Я решил не заходить в Солунь, не тратить на нее время, сразу отправиться в Константинополь. За что и был наказан задержкой на три дня. В Дарданеллах дул сильный норд-ост, метров двадцать пять в секунду. Пролив проходит, искривляясь, с северо-востока на юго-запад между высокими берегами, образующими как бы ущелье. В этом же направлении там и течение узла два-три. Но если направление ветра совпадает с направлением пролива, то при норд-осте течение усиливается до четырех-пяти узлов, а при зюйд-весте почти исчезает. Пришлось нам ждать на якоре. Стояли под высоким берегом, где было относительно тихо. Каждый день высаживались на него, чтобы набрать свежей воды, корма козам и купить экипажу продуктов в деревеньке, расположенной километрах в трех южнее. В двадцать первом веке здесь было пустынно, а сейчас под посевы или оливковые рощи используется каждый клочок пригодной земли. Видимо, требуется прикладывать много усилий, чтобы собрать урожай с этих засушливых земель. Моим современникам это уже не выгодно, а в шестом веке не так уж и много относительно безопасных мест, где пусть и маленький собираешь урожай, зато не отберут весь и не убьют.

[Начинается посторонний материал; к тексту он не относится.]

-- ===== src/Machine/Logic/Floats.antt =====
-- machine/logic/float.cc.
use sicxe.Base.{ℕ, List, Option, none, some, if◌then◌else◌}
use sicxe.Base.Int.{ℤ}
use sicxe.Isa.{Operands}
use sicxe.Machine.Word.{uint32, sign_extend_word, trim_word}
use sicxe.Machine.Memory.{read_memory, write_memory}
use sicxe.Machine.Float.{Fpu, decode_float_data, encode_float_data}
use sicxe.Machine.State.{
  Machine, Outcome, done, undefined, ExecuteResult, less, equal, greater, reg_a, set_condition,
  set_register,
}
use sicxe.Machine.Logic.Operand.{with_address, with_f1}

pub data FloatOperation : Type 0 where
  add subtract multiply divide : FloatOperation

abbrev pub set_float : List ℕ → Machine → Machine
set_float bytes m = record m { cpu = record (m.cpu) { float_register = bytes } }

-- `LoadFloat::Execute`.
unfoldable pub load_float : Operands → Machine → Outcome
load_float =
    with_address
      λ o m. done ExecuteResult.ok (set_float (read_memory m.memory m.target_address 6) m)

-- `StoreFloat::Execute`.
unfoldable pub store_float : Operands → Machine → Outcome
store_float = with_address λ o m.
    done ExecuteResult.ok
      (record m { memory = write_memory m.memory m.target_address m.float_register })

unfoldable pub store_integer : Option ℤ → Machine → Outcome
store_integer none m = undefined
store_integer (some value) m =
    done ExecuteResult.ok (set_register reg_a (trim_word (uint32 value)) m)

module _ (fpu : Fpu) where
  open fpu use {Double}

  -- `FloatToInt::Execute`.
  unfoldable pub float_to_int : Operands → Machine → Outcome
  unfolding store_integer
  float_to_int =
      with_f1 λ m. store_integer (fpu.to_int32 (decode_float_data fpu m.float_register)) m

  -- `IntToFloat::Execute`.
  unfoldable pub int_to_float : Operands → Machine → Outcome
  int_to_float = with_f1 λ m.
      done ExecuteResult.ok
        (set_float (encode_float_data fpu (fpu.of_int32 (sign_extend_word (m.registers reg_a)))) m)

  pub calculate_float : FloatOperation → Double → Double → Double
  calculate_float add a b = fpu.add a b
  calculate_float subtract a b = fpu.subtract a b
  calculate_float multiply a b = fpu.multiply a b
  calculate_float divide a b = fpu.divide a b

  -- `FloatArithmetic::Execute`.
  unfoldable pub float_arithmetic : FloatOperation → Operands → Machine → Outcome
  unfolding calculate_float
  float_arithmetic op = with_address λ o m.
      let a = decode_float_data fpu m.float_register in
      let b = decode_float_data fpu (read_memory m.memory m.target_address 6) in
      done ExecuteResult.ok (set_float (encode_float_data fpu (calculate_float op a b)) m)

  -- `FloatCompare::Execute`. A comparison with no order leaves EQUAL.
  unfoldable pub float_compare : Operands → Machine → Outcome
  float_compare = with_address λ o m.
      let a = decode_float_data fpu m.float_register in
      let b = decode_float_data fpu (read_memory m.memory m.target_address 6) in
      let after_greater = if fpu.less b a then greater else equal in
      let condition = if fpu.less a b then less else after_greater in
      done ExecuteResult.ok (set_condition condition m)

В Константинополе нам были рады, как всякому судну, привезшему зерно. Я объяснил чиновнику, что зерно в твиндеке, сперва надо выгрузить и продать то, что сверху. Он обеспечил нам режим наибольшего благоприятствования: сам оповестил купцов, которые занимаются продажей «колониальных» товаров. Это были сирийцы. Внешне от иудеев они отличались только отсутствием пейсов, а внутренне — аж ничем. Вязкий, настырный торг за каждый нуммий. Я сразу приказал Вале нарезать арбуз и угостил купцов. Они взяли по маленькому кусочку, потому что полный отказ означал бы разрыв переговоров, а я взял большую и толстую скибку. Сочная сладкая мякоть сбивала волны раздражительности, которые накатывали от слов и поведения сирийцев. Я ел и молчал, только отрицательно мотал головой, не соглашаясь отдавать за бесценок. Один купец, самый немногословный, если такое слово можно применить к сирийцу, понял мою тактику и тоже переключился на арбуз. Он так смачно плямкал губами, наслаждаясь само крупной ягодой в мире, что я проникся к нему расположением и сказал тихо цену, ниже которой не собирался опускаться. Сириец с наслаждением размял во рту очередной кусок арбуза, проглотил его и только после этого подтвердил сделку, моргнув глазами.
— Геродор, проводи купцов на причал, — приказал я. — Они мешают нам наслаждаться арбузом.